[Dataset entries]
=-=-=-=-=

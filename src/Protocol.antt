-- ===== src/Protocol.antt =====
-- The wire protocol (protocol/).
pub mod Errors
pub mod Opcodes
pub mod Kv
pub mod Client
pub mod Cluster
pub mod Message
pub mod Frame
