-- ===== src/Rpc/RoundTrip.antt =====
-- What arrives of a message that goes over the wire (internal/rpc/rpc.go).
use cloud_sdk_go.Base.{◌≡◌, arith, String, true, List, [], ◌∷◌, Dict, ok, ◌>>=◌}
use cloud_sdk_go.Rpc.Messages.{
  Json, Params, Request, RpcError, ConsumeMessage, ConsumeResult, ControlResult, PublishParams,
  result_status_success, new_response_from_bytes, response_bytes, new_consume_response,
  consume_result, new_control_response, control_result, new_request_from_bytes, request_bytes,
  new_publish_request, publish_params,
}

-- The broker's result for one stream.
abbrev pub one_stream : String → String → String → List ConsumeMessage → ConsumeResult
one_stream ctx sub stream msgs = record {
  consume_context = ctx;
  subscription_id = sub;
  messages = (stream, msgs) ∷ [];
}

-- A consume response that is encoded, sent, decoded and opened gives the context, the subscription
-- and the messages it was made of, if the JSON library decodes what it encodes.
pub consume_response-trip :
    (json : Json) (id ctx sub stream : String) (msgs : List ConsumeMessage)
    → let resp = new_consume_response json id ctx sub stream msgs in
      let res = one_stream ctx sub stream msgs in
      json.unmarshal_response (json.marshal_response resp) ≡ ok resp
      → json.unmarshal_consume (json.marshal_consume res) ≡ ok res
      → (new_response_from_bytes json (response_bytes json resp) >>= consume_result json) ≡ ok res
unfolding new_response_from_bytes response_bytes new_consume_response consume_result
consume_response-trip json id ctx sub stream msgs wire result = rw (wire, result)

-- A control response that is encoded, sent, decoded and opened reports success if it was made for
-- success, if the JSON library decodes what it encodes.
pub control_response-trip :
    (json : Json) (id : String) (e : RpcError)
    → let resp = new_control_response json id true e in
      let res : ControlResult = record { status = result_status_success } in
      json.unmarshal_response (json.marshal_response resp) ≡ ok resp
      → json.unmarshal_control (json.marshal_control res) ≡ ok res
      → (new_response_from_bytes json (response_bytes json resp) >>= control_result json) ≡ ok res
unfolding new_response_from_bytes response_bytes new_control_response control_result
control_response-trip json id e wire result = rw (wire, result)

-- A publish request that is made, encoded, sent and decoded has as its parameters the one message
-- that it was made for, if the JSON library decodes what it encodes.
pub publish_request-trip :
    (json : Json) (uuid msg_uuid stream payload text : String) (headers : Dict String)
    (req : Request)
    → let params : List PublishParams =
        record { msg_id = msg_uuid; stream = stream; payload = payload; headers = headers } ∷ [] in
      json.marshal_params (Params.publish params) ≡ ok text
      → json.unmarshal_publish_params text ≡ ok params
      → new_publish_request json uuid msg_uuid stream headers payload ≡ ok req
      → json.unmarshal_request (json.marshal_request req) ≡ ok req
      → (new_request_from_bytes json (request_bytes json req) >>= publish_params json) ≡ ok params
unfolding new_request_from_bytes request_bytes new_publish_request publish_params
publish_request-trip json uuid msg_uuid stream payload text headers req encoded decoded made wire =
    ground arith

=-=-=-=-=

#### [EXERCISE GOAL]
Please return every line of the records above that contains the word "wire".

#### [RESULT OF THIS TASK]
-- The wire protocol (protocol/).
-- What arrives of a message that goes over the wire (internal/rpc/rpc.go).
consume_response-trip json id ctx sub stream msgs wire result = rw (wire, result)
control_response-trip json id e wire result = rw (wire, result)
publish_request-trip json uuid msg_uuid stream payload text headers req encoded decoded made wire =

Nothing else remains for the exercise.